11 frames /usr/local/lib/python3.6/dist-packages/six.py in raise_from(value, from_value)

UnavailableError: channel is in state TRANSIENT_FAILURE Additional GRPC error information: {"created":"@1584561754.347859160","description":"channel is in state TRANSIENT_FAILURE","file":"external/grpc/src/core/ext/filters/client_channel/client_channel.cc","file_line":2294,"grpc_status":14} [Op:__inference_distributed_function_24182 channel is in state TRANSIENT_FAILURE","file":"external/grpc/src/core/ext/filters/client_channel/client_channel.cc","file_line":2294,"grpc_status":14} [Op:__inference_distributed_function_10577]

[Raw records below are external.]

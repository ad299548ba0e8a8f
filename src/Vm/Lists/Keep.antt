-- ===== src/Vm/Lists/Keep.antt =====
-- What a write leaves of a list and of the words of the stack.
use kali_scheme.Prelude.{
  ℕ, zero, suc, ◌+◌, ◌*◌, ◌%◌, ◌^◌, ◌≤◌, ◌<◌, ◌≡◌, ◌∙◌, sym, subst, ◌⊎◌, inl, inr, List, [], ◌∷◌,
  arith,
}
use kali_scheme.Heap.Memory.{Memory, load, load-agree_all}
use kali_scheme.Heap.Copy.{header_address, data_address}
use kali_scheme.Vm.Pair.{
  is_pair, car, cdr, put_pair, put_pair-out, put_pair-is_pair, car-put_pair, cdr-put_pair,
}
use kali_scheme.Vm.Lists.{IsOutside, Holds}

-- The words from `a` upwards.
abbrev pub words : Memory → (a n : ℕ) → List ℕ
words m a zero = []
words m a (suc n) = load m a ∷ words m (a + 4) n

-- The memories agree outside [lo, hi).
abbrev pub Agrees : (lo hi : ℕ) → Memory → Memory → Type 0
Agrees lo hi m m' = (x : ℕ) → (x < lo) ⊎ (hi ≤ x) → m' x ≡ m x

pub load-Agrees :
    (lo hi : ℕ) (m m' : Memory) (a : ℕ)
    → Agrees lo hi m m'
    → (a + 4 ≤ lo) ⊎ (hi ≤ a)
    → load m' a ≡ load m a
load-Agrees lo hi m m' a same (inl h) =
    load-agree_all m m' a (λ x l u. same x (inl (omega (arith, h, u))))
load-Agrees lo hi m m' a same (inr h) =
    load-agree_all m m' a (λ x l u. same x (inr (omega (arith, h, l))))

pub words-Agrees :
    (n lo hi : ℕ) (m m' : Memory) (a : ℕ)
    → Agrees lo hi m m'
    → (a + 4 * n ≤ lo) ⊎ (hi ≤ a)
    → words m' a n ≡ words m a n
words-Agrees zero lo hi m m' a same h = λ i. []
words-Agrees (suc n) lo hi m m' a same h =
    let first = load-Agrees lo hi m m' a same (ground (arith, h)) in
    let others = words-Agrees n lo hi m m' (a + 4) same (ground (arith, h)) in cc (first, others)

pub Agrees-trans :
    (lo hi : ℕ) (m m' m'' : Memory) → Agrees lo hi m m' → Agrees lo hi m' m'' → Agrees lo hi m m''
Agrees-trans lo hi m m' m'' p q x h = q x h ∙ p x h

pub Agrees-wider :
    (lo hi lo' hi' : ℕ) (m m' : Memory)
    → lo' ≤ lo
    → hi ≤ hi'
    → Agrees lo hi m m'
    → Agrees lo' hi' m m'
Agrees-wider lo hi lo' hi' m m' l h same x o = same x (ground (arith, l, h, o))

module _ (lo hi : ℕ) (m m' : Memory) (same : Agrees lo hi m m') where
  is_pair-Agrees : (d : ℕ) → IsOutside lo hi d → is_pair m' d ≡ is_pair m d
  unfolding is_pair
  is_pair-Agrees d o =
      rw (load-Agrees lo hi m m' (header_address d) same (ground (arith, o.0, o.1)))
        (λ i. is_pair m d)

  pub car-Agrees : (d : ℕ) → IsOutside lo hi d → car m' d ≡ car m d
  car-Agrees d o = load-Agrees lo hi m m' (data_address d) same (ground (arith, o.0, o.1))

  pub cdr-Agrees : (d : ℕ) → IsOutside lo hi d → cdr m' d ≡ cdr m d
  cdr-Agrees d o = load-Agrees lo hi m m' (data_address d + 4) same (ground (arith, o.0, o.1))

  pub Holds-Agrees : (d : ℕ) (xs : List ℕ) → Holds lo hi m d xs → Holds lo hi m' d xs
  Holds-Agrees d [] h = h
  Holds-Agrees d (x ∷ xs) (o, (p, (a, r))) = (
    o,
    (
      is_pair-Agrees d o ∙ p,
      (
        car-Agrees d o ∙ a,
        subst (λ e. Holds lo hi m' e xs) (sym (cdr-Agrees d o)) (Holds-Agrees (cdr m d) xs r),
      ),
    ),
  )

pub Holds-within :
    (lo hi lo' hi' : ℕ) (m : Memory) (d : ℕ) (xs : List ℕ)
    → lo ≤ lo'
    → hi' ≤ hi
    → Holds lo hi m d xs
    → Holds lo' hi' m d xs
Holds-within lo hi lo' hi' m d [] l h p = p
Holds-within lo hi lo' hi' m d (x ∷ xs) l h ((o, o'), (p, (a, r))) =
    ((o, ground (arith, l, h, o')), (p, (a, Holds-within lo hi lo' hi' m (cdr m d) xs l h r)))

-- A new pair at the heap pointer `hp`, in front of a list.
pub put_pair-Holds :
    (hp hi : ℕ) (m : Memory) (a d : ℕ) (xs : List ℕ)
    → hp % 4 ≡ 0
    → hp + 12 ≤ hi
    → a < 2 ^ 32
    → d < 2 ^ 32
    → Holds hp hi m d xs
    → Holds (hp + 12) hi (put_pair m hp a d) (hp + 7) (a ∷ xs)
put_pair-Holds hp hi m a d xs aligned room la ld h = (
  (omega arith, inl (omega arith)),
  (
    put_pair-is_pair m hp a d aligned,
    (
      car-put_pair m hp a d la,
      subst (λ e. Holds (hp + 12) hi (put_pair m hp a d) e xs) (sym (cdr-put_pair m hp a d ld))
          (Holds-within hp hi (hp + 12) hi (put_pair m hp a d) d xs (omega arith) (omega arith) (
            Holds-Agrees hp hi m (put_pair m hp a d)
              (λ x o. put_pair-out m hp a d x (ground (arith, room, o))) d xs h)),
    ),
  ),
)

Any ideas how to fix? Looks like it's on Google's network end.

UPDATE:

Part of the solution is you should not install tensorflow2.1 with pip in the colab notebook - you should use in its own cell before "import tensorflow"

%tensorflow_version 2.x

This will change the TPU version from 1.15 to >=2.1

Now when I run the notebook I get more details:

Train for 6902.0 steps, validate for 1725.0 steps Epoch 1/30

1/6902 [..............................] - ETA: 20:04:55

NotFoundError Traceback (most recent call last) /usr/local/lib/python3.6/dist-packages/tensorflow_core/python/keras/engine/training_v2.py in on_epoch(self, epoch, mode) 766 try: --> 767 yield epoch_logs 768 finally:

18 frames NotFoundError: {{function_node __inference_distributed_function_20824}} No registered 'PyFunc' OpKernel for 'CPU' devices compatible with node {{node PyFunc}} . Registered:

 [[PyFunc]]
 [[MultiDeviceIteratorGetNextFromShard]]
 [[RemoteCall]]
 [[IteratorGetNextAsOptional]]

During handling of the above exception, another exception occurred:

KeyError Traceback (most recent call last) /usr/local/lib/python3.6/dist-packages/tensorflow_core/python/keras/callbacks.py in _get_file_path(self, epoch, logs) 1053 if not self.model._in_multi_worker_mode( 1054 ) or multi_worker_util.should_save_checkpoint(): -> 1055 return self.filepath.format(epoch=epoch + 1, **logs) 1056 else: 1057 # If this is multi-worker training, and this worker should not

KeyError: 'val_accuracy'

1

1 Answers

0
votes

TL/DR

You need to install a newer build that will execute the python function before sending it to the TPU. Load newer builds via

import requests
import os
url = 'http://' + os.environ['COLAB_TPU_ADDR'].split(':')[0] + ':8475/requestversion/2.2.0-dev20200311'
resp = requests.post(url)
print(resp)
%pip install tf-nightly==2.2.0-dev20200311

From https://github.com/tensorflow/tensorflow/issues/34346

When you use Dataset.from_generator (or pass a generator to Keras which will call it under the hood), the Dataset embeds the generator in a PyFunc op in its graph, and every time that op is invoked it calls next on the generator and gets the resultant bytes. (Basically treating Python as a black box.)

When everything is running on the same machine this is fine, but the trouble is that the ways TPUs work is that there is a separate machine controlling the TPU (called, imaginatively, the TPU host controller. ^^), and you run things on the TPU by sending it a TensorFlow graph to execute. So the graph containing that PyFunc gets sent to the TPU, and the TPU can't execute it because there is no Python on the TPU host machine. (And even if there was, it wouldn't be the same interpreter with the same state as your local machine.) So it fails by telling you it can't execute the PyFunc op, but not in a very clear way unfortunately.